#### STUDY MATERIAL ####

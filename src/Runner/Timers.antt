-- ===== src/Runner/Timers.antt =====
-- The timers of src/runner.c: which events lmapd_run arms and with what delay, and what the callbacks of
-- the event loop arm next.
use simet_lmapd.Base.{
  ℕ, ◌+◌, ◌-◌, ◌*◌, ◌/◌, Bool, true, false, not, ◌&&◌, ◌||◌, List, [], ◌∷◌, Option, none, some,
  ◌==◌, if◌then◌else◌,
}
use simet_lmapd.Base.Int.{ℤ, pos_part, pos, negsuc, ◌+ℤ◌, ◌-ℤ◌, ltb_ℤ}
use simet_lmapd.Text.{Str}
use simet_lmapd.Model.{
  Schedule, Supp, Event, EventType, unset, periodic, calendar, one_off, immediate, startup,
  controller_lost, controller_connected, Lmap,
}
use simet_lmapd.Data.Event.Calendar.{LocalTime, lmap_event_calendar_match}
use simet_lmapd.Runner.Random.{rand_interval}
use simet_lmapd.Runner.Suppression.{names}
pub mod Arming

unfoldable pub used_by_schedules : List Schedule → Str → Bool
used_by_schedules [] ename = false
used_by_schedules (s ∷ ss) ename =
    names s.start ename || names s.end ename || used_by_schedules ss ename

unfoldable pub used_by_supps : List Supp → Str → Bool
used_by_supps [] ename = false
used_by_supps (s ∷ ss) ename = names s.start ename || names s.end ename || used_by_supps ss ename

-- The three events of the event loop that an event of the model has, each with a callback.
pub data Timer : Type 0 where
  start_event trigger_event fire_event : Timer

-- A timer that is armed, with the seconds that it waits.
pub record Armed : Type 0 where
  pub timer : Timer
  pub seconds : ℤ

-- tv_sec with the random part; `none` while rand_interval goes on with the random numbers rs.
unfoldable pub add_random_spread : Event → List ℕ → ℤ → Option ℤ
add_random_spread e rs seconds =
    if e.random_spread_set
    then elim (rand_interval 0 e.random_spread rs) [
      | none ↦ none
      | some spread ↦ some (seconds +ℤ pos spread)
    ]
    else some seconds

-- add_random_spread() and event_gaga() for the event itself.
abbrev pub fire_after : Option ℤ → Option (Option Armed)
fire_after none = none
fire_after (some seconds) = some (some (record { timer = fire_event; seconds = seconds }))

-- The delay of a periodic event that has a start. The interval is not 0.
unfoldable pub periodic_delay : ℤ → Event → ℤ
periodic_delay now e =
    if not e.start_set
    then pos 0
    else if ltb_ℤ e.start now
    then (let delta = pos_part (now -ℤ e.start) / e.interval in
        e.start +ℤ pos ((delta + 1) * e.interval) -ℤ now)
    else e.start -ℤ now

abbrev pub ended : ℤ → Event → Bool
ended now e = e.end_set && ltb_ℤ e.end now

-- The switch of `lmapd_run`: the timer that is armed, if any; the outer `none` while rand_interval goes on.
unfoldable pub arm : List ℕ → ℤ → Bool → Event → Option (Option Armed)
unfolding add_random_spread
arm rs now skip_startup e = elim e.type [
  | periodic ↦
      if ended now e
      then some none
      else some (some (record { timer = start_event; seconds = periodic_delay now e }))
  | calendar ↦
      if ended now e
      then some none
      else some (some (record { timer = start_event; seconds = pos 0 }))
  | one_off ↦
      if ltb_ℤ now e.start then some none else fire_after (add_random_spread e rs (e.start -ℤ now))
  | startup ↦ if skip_startup then some none else fire_after (add_random_spread e rs (pos 0))
  | immediate ↦ fire_after (add_random_spread e rs (pos 0))
  | unset ↦ some none
  | controller_lost ↦ some none
  | controller_connected ↦ some none
]

-- The body of the loop over the events: events without a name and events that nobody uses are skipped.
unfoldable pub arm_event : List ℕ → Lmap → ℤ → Bool → Event → Option (Option Armed)
arm_event rs lmap now skip_startup e = elim e.name [
  | none ↦ some none
  | some n ↦
      if used_by_schedules lmap.schedules n || used_by_supps lmap.supps n
      then arm rs now skip_startup e
      else some none
]

-- What a trigger does: it is shut down, or waits for some seconds and has the event fired or not.
pub data Triggered : Type 0 where
  shut_down : Triggered
  waits : ℕ → Triggered
  fires_and_waits : ℕ → Triggered

-- The trigger of a periodic event persists, with the period of its interval.
unfoldable pub trigger_periodic_cb : ℤ → Event → Triggered
trigger_periodic_cb now e = if ended now e then shut_down else fires_and_waits e.interval

-- `lmap_event_calendar_match` is -1 on an error, 0 without a match, else the seconds to wait.
unfoldable pub trigger_calendar_cb : (ℤ → Option LocalTime) → ℤ → Event → Triggered
trigger_calendar_cb localtime now e =
    if ended now e then shut_down else elim (lmap_event_calendar_match localtime e now) [
      | negsuc n ↦ shut_down
      | pos n ↦ if n == 0 then waits 1 else fires_and_waits n
    ]
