-- ===== src/Runner/Control/Stopping.antt =====
-- That a daemon which stops signals its children, and what a restart remembers.
use simet_lmapd.Base.{
  ◌≡◌, refl, ◌↔◌, ◌⊎◌, ◌∙◌, ap, sym, inl, inr, true, false, not, ◌&&◌, ◌||◌, List, [], ◌∷◌, ◌++◌,
  append_assoc, none, some, arith, ◌==◌, All, Bool-cases, Option-cases, ℕ,
}
use simet_lmapd.Base.Int.{ℤ, pos}
use simet_lmapd.Model.{Action, Schedule, Lmap, Event, startup, is_running}
use simet_lmapd.Data.Validity.{given}
use simet_lmapd.Runner.{Effect, kill_group, Io, head_or}
use simet_lmapd.Runner.Exec.{action_kill, kill_actions, schedule_kill}
use simet_lmapd.Runner.Control.{
  Daemon, sighup, sigterm, kill_schedules, lmapd_killall, lmapd_stop, lmapd_restart, on_signal,
}
use simet_lmapd.Runner.Timers.{arm, add_random_spread}

-- The trace of the second is that of the first and later calls.
abbrev pub Extends : Io → Io → Type 0
Extends io io' = (later : List Effect) × (io'.trace ≡ later ++ io.trace)

Extends-trans : (a b c : Io) → Extends a b → Extends b c → Extends a c
Extends-trans a b c (xs, e) (ys, f) =
    (ys ++ xs, f ∙ ap (λ t. ys ++ t) e ∙ sym (append_assoc ys xs a.trace))

-- The call was made.
abbrev pub Called : Effect → Io → Type 0
Called e io = (after : List Effect) × (before : List Effect) × (io.trace ≡ after ++ e ∷ before)

Called-later : (e : Effect) (a b : Io) → Extends a b → Called e a → Called e b
Called-later e a b (xs, h) (after, before, k) =
    (xs ++ after, before, h ∙ ap (λ t. xs ++ t) k ∙ sym (append_assoc xs after (e ∷ before)))

-- The process group of a running action is signalled.
abbrev pub Signalled : Io → Action → Type 0
Signalled io a =
    ((given a.name && is_running a.state && not (a.pid == 0)) ≡ false)
    ⊎ Called (kill_group a.pid) io

action_kill-Extends : (a : Action) (io : Io) → Extends io (action_kill a io)
unfolding action_kill
action_kill-Extends a io =
    elim (Bool-cases (not (given a.name) || not (is_running a.state) || a.pid == 0)) [
      | inl skip ↦ rw (skip, action_kill) ([], refl)
      | inr go ↦
          rw (go, action_kill)
            (elim (Bool-cases (head_or io.kills false)) [
              | inl ok ↦ rw ok (kill_group a.pid ∷ [], refl)
              | inr bad ↦ rw bad (Effect.kill_process a.pid ∷ kill_group a.pid ∷ [], refl)
            ])
    ]

action_kill-Signalled : (a : Action) (io : Io) → Signalled (action_kill a io) a
unfolding action_kill
action_kill-Signalled a io =
    elim (Bool-cases (not (given a.name) || not (is_running a.state) || a.pid == 0)) [
      | inl skip ↦ inl (ground arith)
      | inr go ↦ inr (
          rw (go, action_kill)
            (elim (Bool-cases (head_or io.kills false)) [
              | inl ok ↦ rw ok ([], _, refl)
              | inr bad ↦ rw bad (Effect.kill_process a.pid ∷ [], _, refl)
            ]))
    ]

Signalled-later : (x : Action) (a b : Io) → Extends a b → Signalled a x → Signalled b x
Signalled-later x a b h (inl idle) = inl idle
Signalled-later x a b h (inr called) = inr (Called-later (kill_group x.pid) a b h called)

kill_actions-Extends : (as_ : List Action) (io : Io) → Extends io (kill_actions as_ io)
unfolding kill_actions
kill_actions-Extends [] io = ([], refl)
kill_actions-Extends (a ∷ as_) io =
    Extends-trans io (action_kill a io) (kill_actions as_ (action_kill a io))
      (action_kill-Extends a io) (kill_actions-Extends as_ (action_kill a io))

kill_actions-Signalled : (as_ : List Action) (io : Io) → All (Signalled (kill_actions as_ io)) as_
unfolding kill_actions
kill_actions-Signalled [] io = tt
kill_actions-Signalled (a ∷ as_) io = (
  Signalled-later a (action_kill a io) (kill_actions as_ (action_kill a io))
      (kill_actions-Extends as_ (action_kill a io)) (action_kill-Signalled a io),
  kill_actions-Signalled as_ (action_kill a io),
)

-- All actions of a schedule that has a name.
abbrev pub AllSignalled : Io → Schedule → Type 0
AllSignalled io s = (given s.name ≡ false) ⊎ All (Signalled io) s.actions

later-All :
    (a b : Io) → Extends a b → (as_ : List Action) → All (Signalled a) as_ → All (Signalled b) as_
later-All a b h [] k = tt
later-All a b h (x ∷ xs) k = (Signalled-later x a b h k.0, later-All a b h xs k.1)

schedule_kill-Extends : (s : Schedule) (io : Io) → Extends io (schedule_kill s io)
unfolding schedule_kill
schedule_kill-Extends s io = elim (Bool-cases (given s.name)) [
  | inl ok ↦ rw (ok, schedule_kill) (kill_actions-Extends s.actions io)
  | inr bad ↦ rw (bad, schedule_kill) ([], refl)
]

schedule_kill-AllSignalled : (s : Schedule) (io : Io) → AllSignalled (schedule_kill s io) s
unfolding schedule_kill
schedule_kill-AllSignalled s io = elim (Bool-cases (given s.name)) [
  | inl ok ↦ inr (rw (ok, schedule_kill) (kill_actions-Signalled s.actions io))
  | inr bad ↦ inl bad
]

AllSignalled-later : (s : Schedule) (a b : Io) → Extends a b → AllSignalled a s → AllSignalled b s
AllSignalled-later s a b h (inl bad) = inl bad
AllSignalled-later s a b h (inr k) = inr (later-All a b h s.actions k)

kill_schedules-Extends : (ss : List Schedule) (io : Io) → Extends io (kill_schedules ss io)
unfolding kill_schedules
kill_schedules-Extends [] io = ([], refl)
kill_schedules-Extends (s ∷ ss) io =
    Extends-trans io (schedule_kill s io) (kill_schedules ss (schedule_kill s io))
      (schedule_kill-Extends s io) (kill_schedules-Extends ss (schedule_kill s io))

kill_schedules-AllSignalled :
    (ss : List Schedule) (io : Io) → All (AllSignalled (kill_schedules ss io)) ss
unfolding kill_schedules
kill_schedules-AllSignalled [] io = tt
kill_schedules-AllSignalled (s ∷ ss) io = (
  AllSignalled-later s (schedule_kill s io) (kill_schedules ss (schedule_kill s io))
      (kill_schedules-Extends ss (schedule_kill s io)) (schedule_kill-AllSignalled s io),
  kill_schedules-AllSignalled ss (schedule_kill s io),
)

-- SIGTERM and SIGHUP both break the event loop after SIGTERM was sent to the process group of every
-- running action with a name and a process, in every schedule with a name; the first leaves the daemon to
-- end, the second to restart.
pub signals_reach_children :
    (d : Daemon) (lmap : Lmap) (io : Io)
    → d.lmap ≡ some lmap
    → let (d1, io1) = on_signal sigterm d io in
      let (d2, io2) = on_signal sighup d io in
      (All (AllSignalled io1) lmap.schedules × (d1.looping ≡ false) × (d1.flags.restart ≡ false))
      × All (AllSignalled io2) lmap.schedules
      × (d2.looping ≡ false)
      × (d2.flags.restart ≡ true)
unfolding on_signal lmapd_stop lmapd_restart lmapd_killall
signals_reach_children d lmap io e = ((all_signalled, refl, refl), all_signalled, refl, refl)
  where
    all_signalled : All (AllSignalled (lmapd_killall d io)) lmap.schedules
    all_signalled = rw (e, lmapd_killall) (kill_schedules-AllSignalled lmap.schedules io)

-- After a restart by SIGHUP the startup events are not armed exactly if the startup was done, or was
-- to be skipped already.
pub restart-arm :
    (d : Daemon) (io : Io) (rs : List ℕ) (now : ℤ) (e : Event)
    → e.type ≡ startup
    → (arm rs now (on_signal sighup d io).0.flags.skip_startup e ≡ some none)
      ↔ (d.flags.startup_done || d.flags.skip_startup ≡ true)
unfolding on_signal lmapd_restart arm
restart-arm d io rs now e h = elim (Option-cases (add_random_spread e rs (pos 0))) [
  | inl more ↦ ground arith
  | inr (seconds, drawn) ↦ ground arith
]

####

Only the lines from the one containing "a io)) (action_kill-Signalled" through the one containing "later-All a b h [] k = tt" are to be retyped, both boundary lines included, with no other material.

* [ANSWER SPACE]:
      (kill_actions-Extends as_ (action_kill a io)) (action_kill-Signalled a io),
  kill_actions-Signalled as_ (action_kill a io),
)

-- All actions of a schedule that has a name.
abbrev pub AllSignalled : Io → Schedule → Type 0
AllSignalled io s = (given s.name ≡ false) ⊎ All (Signalled io) s.actions

later-All :
    (a b : Io) → Extends a b → (as_ : List Action) → All (Signalled a) as_ → All (Signalled b) as_
later-All a b h [] k = tt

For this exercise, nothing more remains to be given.